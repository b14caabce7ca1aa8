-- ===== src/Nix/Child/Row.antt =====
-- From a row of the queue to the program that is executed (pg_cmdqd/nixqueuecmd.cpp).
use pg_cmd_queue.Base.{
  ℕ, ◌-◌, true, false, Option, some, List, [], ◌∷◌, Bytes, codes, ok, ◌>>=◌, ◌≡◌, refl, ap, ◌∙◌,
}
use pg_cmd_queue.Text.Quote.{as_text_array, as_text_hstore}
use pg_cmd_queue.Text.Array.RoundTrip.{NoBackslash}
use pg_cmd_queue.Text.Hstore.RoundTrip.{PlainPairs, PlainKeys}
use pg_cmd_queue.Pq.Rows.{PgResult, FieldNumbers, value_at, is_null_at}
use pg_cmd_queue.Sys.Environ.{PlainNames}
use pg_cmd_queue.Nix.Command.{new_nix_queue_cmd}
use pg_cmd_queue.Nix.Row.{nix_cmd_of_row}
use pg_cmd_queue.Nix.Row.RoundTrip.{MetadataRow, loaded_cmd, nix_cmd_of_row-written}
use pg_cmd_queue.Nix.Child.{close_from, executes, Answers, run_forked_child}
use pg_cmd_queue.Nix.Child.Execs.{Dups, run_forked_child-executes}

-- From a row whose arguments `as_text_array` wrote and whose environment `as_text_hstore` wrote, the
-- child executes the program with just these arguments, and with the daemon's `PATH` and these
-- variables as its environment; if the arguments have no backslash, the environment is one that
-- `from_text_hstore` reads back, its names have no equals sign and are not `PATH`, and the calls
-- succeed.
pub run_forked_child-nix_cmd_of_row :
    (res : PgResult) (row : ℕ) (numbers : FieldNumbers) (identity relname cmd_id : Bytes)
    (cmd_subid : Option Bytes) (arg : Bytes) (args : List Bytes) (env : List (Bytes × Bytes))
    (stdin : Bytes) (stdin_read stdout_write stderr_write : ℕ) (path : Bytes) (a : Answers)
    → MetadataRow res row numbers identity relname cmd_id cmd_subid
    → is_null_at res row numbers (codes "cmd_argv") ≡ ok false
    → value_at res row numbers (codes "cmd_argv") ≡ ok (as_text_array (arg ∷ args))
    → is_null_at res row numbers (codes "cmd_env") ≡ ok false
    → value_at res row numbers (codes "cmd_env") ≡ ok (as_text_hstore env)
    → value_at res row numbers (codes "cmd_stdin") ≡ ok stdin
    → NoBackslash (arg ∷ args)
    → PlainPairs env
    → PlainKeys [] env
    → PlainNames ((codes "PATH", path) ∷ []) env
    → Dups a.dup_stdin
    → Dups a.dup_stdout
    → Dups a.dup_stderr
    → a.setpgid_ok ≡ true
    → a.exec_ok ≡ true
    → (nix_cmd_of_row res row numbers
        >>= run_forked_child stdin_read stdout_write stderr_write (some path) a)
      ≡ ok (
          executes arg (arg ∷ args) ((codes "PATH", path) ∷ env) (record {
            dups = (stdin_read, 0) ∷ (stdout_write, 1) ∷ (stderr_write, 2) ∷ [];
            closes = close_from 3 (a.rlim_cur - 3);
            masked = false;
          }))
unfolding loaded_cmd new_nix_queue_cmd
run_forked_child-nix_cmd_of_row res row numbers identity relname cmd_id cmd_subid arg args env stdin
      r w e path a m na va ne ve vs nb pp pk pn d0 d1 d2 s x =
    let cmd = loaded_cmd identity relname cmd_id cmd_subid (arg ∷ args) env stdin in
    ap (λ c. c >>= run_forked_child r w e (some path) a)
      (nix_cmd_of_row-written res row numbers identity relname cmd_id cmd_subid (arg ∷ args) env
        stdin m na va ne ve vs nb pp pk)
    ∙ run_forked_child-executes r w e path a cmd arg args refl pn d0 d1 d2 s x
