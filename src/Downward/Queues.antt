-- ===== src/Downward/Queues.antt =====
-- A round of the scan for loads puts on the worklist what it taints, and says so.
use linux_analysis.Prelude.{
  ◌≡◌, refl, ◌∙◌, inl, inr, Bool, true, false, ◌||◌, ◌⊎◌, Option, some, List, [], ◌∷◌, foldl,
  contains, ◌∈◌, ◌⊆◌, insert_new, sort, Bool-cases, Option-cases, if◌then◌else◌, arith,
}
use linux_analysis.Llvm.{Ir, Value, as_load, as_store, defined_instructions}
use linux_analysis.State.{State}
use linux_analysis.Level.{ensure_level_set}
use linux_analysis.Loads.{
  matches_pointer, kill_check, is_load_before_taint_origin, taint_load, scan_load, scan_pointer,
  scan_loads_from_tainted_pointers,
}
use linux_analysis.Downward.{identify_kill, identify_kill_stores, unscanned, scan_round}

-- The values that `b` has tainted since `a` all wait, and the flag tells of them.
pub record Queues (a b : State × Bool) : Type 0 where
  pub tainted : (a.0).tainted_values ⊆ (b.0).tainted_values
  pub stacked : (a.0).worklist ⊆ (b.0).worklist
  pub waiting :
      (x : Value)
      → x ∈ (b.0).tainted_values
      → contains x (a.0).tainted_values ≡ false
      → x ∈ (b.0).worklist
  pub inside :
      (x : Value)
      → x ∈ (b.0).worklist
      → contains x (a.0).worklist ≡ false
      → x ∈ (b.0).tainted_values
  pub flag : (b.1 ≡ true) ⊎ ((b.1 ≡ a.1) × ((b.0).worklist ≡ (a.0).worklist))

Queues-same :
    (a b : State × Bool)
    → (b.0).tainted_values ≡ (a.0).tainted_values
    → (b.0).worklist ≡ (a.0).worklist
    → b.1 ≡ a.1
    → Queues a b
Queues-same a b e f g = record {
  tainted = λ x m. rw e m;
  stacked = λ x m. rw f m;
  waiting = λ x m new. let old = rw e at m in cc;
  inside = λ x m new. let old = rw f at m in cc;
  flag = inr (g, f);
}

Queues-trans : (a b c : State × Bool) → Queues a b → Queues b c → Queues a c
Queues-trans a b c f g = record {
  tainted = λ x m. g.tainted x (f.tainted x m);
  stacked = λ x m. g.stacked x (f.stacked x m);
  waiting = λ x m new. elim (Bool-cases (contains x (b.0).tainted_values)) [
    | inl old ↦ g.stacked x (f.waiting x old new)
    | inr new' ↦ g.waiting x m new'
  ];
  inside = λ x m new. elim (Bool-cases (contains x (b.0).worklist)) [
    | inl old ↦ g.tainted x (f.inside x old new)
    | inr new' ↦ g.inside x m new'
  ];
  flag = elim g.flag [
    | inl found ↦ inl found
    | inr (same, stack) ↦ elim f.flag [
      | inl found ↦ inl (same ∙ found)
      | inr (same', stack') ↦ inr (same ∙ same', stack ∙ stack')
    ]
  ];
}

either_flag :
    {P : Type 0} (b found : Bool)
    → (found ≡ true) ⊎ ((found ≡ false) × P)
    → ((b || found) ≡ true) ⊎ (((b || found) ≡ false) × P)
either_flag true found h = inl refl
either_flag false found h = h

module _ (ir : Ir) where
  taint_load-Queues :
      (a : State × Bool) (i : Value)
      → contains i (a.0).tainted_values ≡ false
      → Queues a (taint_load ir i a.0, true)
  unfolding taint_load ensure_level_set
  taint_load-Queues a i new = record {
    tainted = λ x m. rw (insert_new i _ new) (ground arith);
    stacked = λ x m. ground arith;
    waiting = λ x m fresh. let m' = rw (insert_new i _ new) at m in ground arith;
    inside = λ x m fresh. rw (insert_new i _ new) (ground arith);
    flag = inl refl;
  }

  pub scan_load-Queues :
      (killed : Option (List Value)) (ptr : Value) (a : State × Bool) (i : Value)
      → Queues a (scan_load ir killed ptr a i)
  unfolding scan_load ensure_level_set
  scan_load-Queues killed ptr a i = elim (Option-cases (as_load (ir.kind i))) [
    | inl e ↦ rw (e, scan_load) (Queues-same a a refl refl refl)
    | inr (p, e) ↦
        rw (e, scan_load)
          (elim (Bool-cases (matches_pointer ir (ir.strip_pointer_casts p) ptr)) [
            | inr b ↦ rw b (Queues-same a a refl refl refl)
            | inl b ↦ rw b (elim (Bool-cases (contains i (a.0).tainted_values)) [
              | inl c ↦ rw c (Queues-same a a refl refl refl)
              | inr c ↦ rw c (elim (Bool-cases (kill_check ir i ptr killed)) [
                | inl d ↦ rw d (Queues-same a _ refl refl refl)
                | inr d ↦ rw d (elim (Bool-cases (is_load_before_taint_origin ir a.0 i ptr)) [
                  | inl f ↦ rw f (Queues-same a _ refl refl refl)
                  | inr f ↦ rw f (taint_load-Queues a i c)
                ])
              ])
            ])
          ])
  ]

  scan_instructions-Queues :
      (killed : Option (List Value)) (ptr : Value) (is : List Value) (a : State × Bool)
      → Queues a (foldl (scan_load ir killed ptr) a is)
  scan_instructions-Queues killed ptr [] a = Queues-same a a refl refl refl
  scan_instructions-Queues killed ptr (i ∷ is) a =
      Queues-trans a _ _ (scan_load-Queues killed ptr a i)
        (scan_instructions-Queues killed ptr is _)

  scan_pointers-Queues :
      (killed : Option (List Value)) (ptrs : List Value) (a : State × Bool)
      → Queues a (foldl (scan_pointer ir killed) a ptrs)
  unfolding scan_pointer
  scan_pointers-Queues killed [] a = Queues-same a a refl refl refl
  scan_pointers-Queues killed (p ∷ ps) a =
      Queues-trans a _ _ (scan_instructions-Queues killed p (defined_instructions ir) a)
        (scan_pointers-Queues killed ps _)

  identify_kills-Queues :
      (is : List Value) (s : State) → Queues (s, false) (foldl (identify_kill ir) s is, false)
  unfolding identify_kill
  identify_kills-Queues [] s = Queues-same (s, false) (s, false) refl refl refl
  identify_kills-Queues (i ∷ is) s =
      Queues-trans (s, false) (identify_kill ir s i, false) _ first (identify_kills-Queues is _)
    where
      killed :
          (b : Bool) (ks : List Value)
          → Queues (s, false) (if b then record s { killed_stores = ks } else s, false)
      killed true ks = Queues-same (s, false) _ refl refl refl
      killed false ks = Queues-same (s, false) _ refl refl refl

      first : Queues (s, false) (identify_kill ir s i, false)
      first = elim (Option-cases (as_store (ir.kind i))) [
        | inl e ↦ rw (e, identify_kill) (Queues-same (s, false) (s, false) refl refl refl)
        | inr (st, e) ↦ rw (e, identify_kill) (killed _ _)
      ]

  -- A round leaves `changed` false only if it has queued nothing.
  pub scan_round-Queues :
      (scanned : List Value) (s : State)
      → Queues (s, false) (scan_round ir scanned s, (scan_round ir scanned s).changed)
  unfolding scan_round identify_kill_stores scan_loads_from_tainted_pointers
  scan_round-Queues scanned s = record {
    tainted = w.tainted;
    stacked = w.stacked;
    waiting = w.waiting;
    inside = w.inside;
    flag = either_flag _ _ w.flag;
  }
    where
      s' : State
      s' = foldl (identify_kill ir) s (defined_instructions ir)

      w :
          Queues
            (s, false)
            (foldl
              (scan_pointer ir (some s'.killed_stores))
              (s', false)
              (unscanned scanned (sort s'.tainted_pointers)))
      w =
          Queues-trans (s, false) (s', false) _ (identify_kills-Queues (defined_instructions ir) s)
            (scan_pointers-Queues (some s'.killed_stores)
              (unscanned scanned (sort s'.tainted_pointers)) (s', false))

────────────────────

• [Work task] Include the first line of the listing, the line with "-- From a row whose", and every line between them, each repeated exactly, and output only those.

• [Your solution]
repository b14caabce7ca1aa8
-- ===== src/Nix/Child/Row.antt =====
-- From a row of the queue to the program that is executed (pg_cmdqd/nixqueuecmd.cpp).
use pg_cmd_queue.Base.{
  ℕ, ◌-◌, true, false, Option, some, List, [], ◌∷◌, Bytes, codes, ok, ◌>>=◌, ◌≡◌, refl, ap, ◌∙◌,
}
use pg_cmd_queue.Text.Quote.{as_text_array, as_text_hstore}
use pg_cmd_queue.Text.Array.RoundTrip.{NoBackslash}
use pg_cmd_queue.Text.Hstore.RoundTrip.{PlainPairs, PlainKeys}
use pg_cmd_queue.Pq.Rows.{PgResult, FieldNumbers, value_at, is_null_at}
use pg_cmd_queue.Sys.Environ.{PlainNames}
use pg_cmd_queue.Nix.Command.{new_nix_queue_cmd}
use pg_cmd_queue.Nix.Row.{nix_cmd_of_row}
use pg_cmd_queue.Nix.Row.RoundTrip.{MetadataRow, loaded_cmd, nix_cmd_of_row-written}
use pg_cmd_queue.Nix.Child.{close_from, executes, Answers, run_forked_child}
use pg_cmd_queue.Nix.Child.Execs.{Dups, run_forked_child-executes}

-- From a row whose arguments `as_text_array` wrote and whose environment `as_text_hstore` wrote, the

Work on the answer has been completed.